— EXERCISE DETAILS —
In the entries that follow, how many lines contain "true"? Answer with the number only.

Stored data

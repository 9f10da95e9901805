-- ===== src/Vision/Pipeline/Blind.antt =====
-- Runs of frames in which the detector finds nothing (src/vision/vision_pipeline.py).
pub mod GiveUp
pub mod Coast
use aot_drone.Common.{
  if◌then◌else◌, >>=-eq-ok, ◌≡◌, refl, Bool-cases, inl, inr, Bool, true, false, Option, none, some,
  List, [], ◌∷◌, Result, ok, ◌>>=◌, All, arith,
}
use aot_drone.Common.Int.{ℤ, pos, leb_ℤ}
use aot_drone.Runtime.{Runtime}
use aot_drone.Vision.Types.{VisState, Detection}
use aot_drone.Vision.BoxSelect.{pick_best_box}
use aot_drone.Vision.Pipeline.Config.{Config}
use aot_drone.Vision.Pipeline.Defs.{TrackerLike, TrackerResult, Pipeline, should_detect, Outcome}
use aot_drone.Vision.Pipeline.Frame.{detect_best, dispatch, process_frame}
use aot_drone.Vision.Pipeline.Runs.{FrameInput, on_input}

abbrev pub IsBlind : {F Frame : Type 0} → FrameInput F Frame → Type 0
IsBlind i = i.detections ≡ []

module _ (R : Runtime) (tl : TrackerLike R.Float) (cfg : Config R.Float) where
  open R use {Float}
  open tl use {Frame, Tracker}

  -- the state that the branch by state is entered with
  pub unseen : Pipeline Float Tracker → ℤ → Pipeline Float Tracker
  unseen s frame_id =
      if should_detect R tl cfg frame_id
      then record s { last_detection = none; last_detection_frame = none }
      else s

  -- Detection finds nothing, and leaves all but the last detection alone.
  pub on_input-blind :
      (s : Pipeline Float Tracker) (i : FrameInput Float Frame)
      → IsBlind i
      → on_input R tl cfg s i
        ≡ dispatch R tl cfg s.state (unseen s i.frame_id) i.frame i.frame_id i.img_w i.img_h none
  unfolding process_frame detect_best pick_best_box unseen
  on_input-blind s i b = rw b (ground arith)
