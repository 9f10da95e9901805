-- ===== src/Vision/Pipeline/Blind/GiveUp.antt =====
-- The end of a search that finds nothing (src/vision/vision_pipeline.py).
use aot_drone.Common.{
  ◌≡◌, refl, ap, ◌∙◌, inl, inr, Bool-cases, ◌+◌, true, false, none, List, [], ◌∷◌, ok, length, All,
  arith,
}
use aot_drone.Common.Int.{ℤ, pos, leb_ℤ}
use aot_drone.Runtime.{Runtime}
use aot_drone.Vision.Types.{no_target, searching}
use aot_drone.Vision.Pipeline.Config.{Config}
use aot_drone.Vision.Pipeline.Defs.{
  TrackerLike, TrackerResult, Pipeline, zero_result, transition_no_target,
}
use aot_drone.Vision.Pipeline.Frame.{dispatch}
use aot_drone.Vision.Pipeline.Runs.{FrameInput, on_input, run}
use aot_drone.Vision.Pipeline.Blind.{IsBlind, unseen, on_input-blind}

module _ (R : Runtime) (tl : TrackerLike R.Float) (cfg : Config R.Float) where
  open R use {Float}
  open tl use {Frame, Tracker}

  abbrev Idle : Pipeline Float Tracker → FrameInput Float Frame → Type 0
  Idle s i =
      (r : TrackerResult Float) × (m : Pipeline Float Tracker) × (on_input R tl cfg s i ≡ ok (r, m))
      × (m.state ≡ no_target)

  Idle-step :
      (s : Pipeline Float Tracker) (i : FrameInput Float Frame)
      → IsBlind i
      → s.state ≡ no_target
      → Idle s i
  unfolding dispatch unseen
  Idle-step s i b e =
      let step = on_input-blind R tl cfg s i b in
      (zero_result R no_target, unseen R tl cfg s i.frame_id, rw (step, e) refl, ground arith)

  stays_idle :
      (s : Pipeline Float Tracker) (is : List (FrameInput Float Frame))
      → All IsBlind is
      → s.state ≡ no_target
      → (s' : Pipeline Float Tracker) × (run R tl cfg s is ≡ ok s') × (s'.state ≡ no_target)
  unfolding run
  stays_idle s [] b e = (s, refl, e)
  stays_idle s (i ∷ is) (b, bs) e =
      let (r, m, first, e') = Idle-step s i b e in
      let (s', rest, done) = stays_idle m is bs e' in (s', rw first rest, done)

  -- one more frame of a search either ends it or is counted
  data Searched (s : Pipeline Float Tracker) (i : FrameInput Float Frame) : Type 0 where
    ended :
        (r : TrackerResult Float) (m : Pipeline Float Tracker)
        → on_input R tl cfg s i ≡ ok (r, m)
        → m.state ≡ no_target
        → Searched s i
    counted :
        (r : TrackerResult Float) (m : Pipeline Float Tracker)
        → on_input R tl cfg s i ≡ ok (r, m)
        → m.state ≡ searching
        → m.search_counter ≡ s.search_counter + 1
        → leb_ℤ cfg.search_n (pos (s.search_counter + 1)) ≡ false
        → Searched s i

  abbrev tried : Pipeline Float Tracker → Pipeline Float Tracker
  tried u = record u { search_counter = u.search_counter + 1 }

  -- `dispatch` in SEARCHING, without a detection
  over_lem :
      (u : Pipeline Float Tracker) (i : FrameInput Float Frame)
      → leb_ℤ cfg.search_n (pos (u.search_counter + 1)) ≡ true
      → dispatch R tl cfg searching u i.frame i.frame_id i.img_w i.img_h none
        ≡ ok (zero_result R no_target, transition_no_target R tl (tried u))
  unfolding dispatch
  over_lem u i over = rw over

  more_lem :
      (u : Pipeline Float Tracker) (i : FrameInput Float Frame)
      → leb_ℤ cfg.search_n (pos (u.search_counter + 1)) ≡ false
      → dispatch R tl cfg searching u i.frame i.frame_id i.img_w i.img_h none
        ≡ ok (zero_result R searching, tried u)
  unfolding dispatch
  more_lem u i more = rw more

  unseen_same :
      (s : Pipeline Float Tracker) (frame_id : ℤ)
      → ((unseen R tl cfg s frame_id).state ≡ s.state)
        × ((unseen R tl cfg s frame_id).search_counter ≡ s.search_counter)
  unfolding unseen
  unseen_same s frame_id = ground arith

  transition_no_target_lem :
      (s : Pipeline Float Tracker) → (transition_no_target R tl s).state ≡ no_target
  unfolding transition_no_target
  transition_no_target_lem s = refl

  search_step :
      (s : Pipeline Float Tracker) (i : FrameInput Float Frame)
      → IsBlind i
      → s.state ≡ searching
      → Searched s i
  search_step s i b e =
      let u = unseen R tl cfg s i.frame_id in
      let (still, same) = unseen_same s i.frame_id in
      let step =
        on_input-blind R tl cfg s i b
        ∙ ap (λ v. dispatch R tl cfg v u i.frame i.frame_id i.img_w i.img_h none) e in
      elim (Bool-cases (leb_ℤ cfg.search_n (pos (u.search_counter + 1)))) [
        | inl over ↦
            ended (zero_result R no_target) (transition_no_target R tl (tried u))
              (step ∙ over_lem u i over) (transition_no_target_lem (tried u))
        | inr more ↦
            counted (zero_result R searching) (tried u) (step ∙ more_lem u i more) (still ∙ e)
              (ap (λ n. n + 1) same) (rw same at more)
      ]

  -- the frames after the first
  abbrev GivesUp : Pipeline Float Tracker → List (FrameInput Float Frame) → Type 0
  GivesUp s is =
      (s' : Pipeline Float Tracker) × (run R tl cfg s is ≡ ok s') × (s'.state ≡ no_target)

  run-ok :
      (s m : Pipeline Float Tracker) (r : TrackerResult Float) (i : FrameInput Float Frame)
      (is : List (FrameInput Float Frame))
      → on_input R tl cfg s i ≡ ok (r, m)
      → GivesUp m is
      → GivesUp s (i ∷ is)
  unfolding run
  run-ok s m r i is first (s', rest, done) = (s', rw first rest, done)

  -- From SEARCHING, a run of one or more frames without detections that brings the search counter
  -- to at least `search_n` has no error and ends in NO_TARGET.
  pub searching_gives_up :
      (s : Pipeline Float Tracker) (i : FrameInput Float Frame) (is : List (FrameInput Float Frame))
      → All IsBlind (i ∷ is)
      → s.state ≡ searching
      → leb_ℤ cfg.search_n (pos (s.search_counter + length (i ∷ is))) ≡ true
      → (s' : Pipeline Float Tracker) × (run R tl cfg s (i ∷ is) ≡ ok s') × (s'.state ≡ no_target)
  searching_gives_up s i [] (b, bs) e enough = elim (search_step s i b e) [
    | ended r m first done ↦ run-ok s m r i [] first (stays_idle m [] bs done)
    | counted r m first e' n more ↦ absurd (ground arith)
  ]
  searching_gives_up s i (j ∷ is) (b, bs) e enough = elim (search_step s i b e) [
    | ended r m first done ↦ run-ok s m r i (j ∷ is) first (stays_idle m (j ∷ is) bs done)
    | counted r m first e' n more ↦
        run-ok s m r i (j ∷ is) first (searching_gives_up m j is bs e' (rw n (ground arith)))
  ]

— RESULT —
4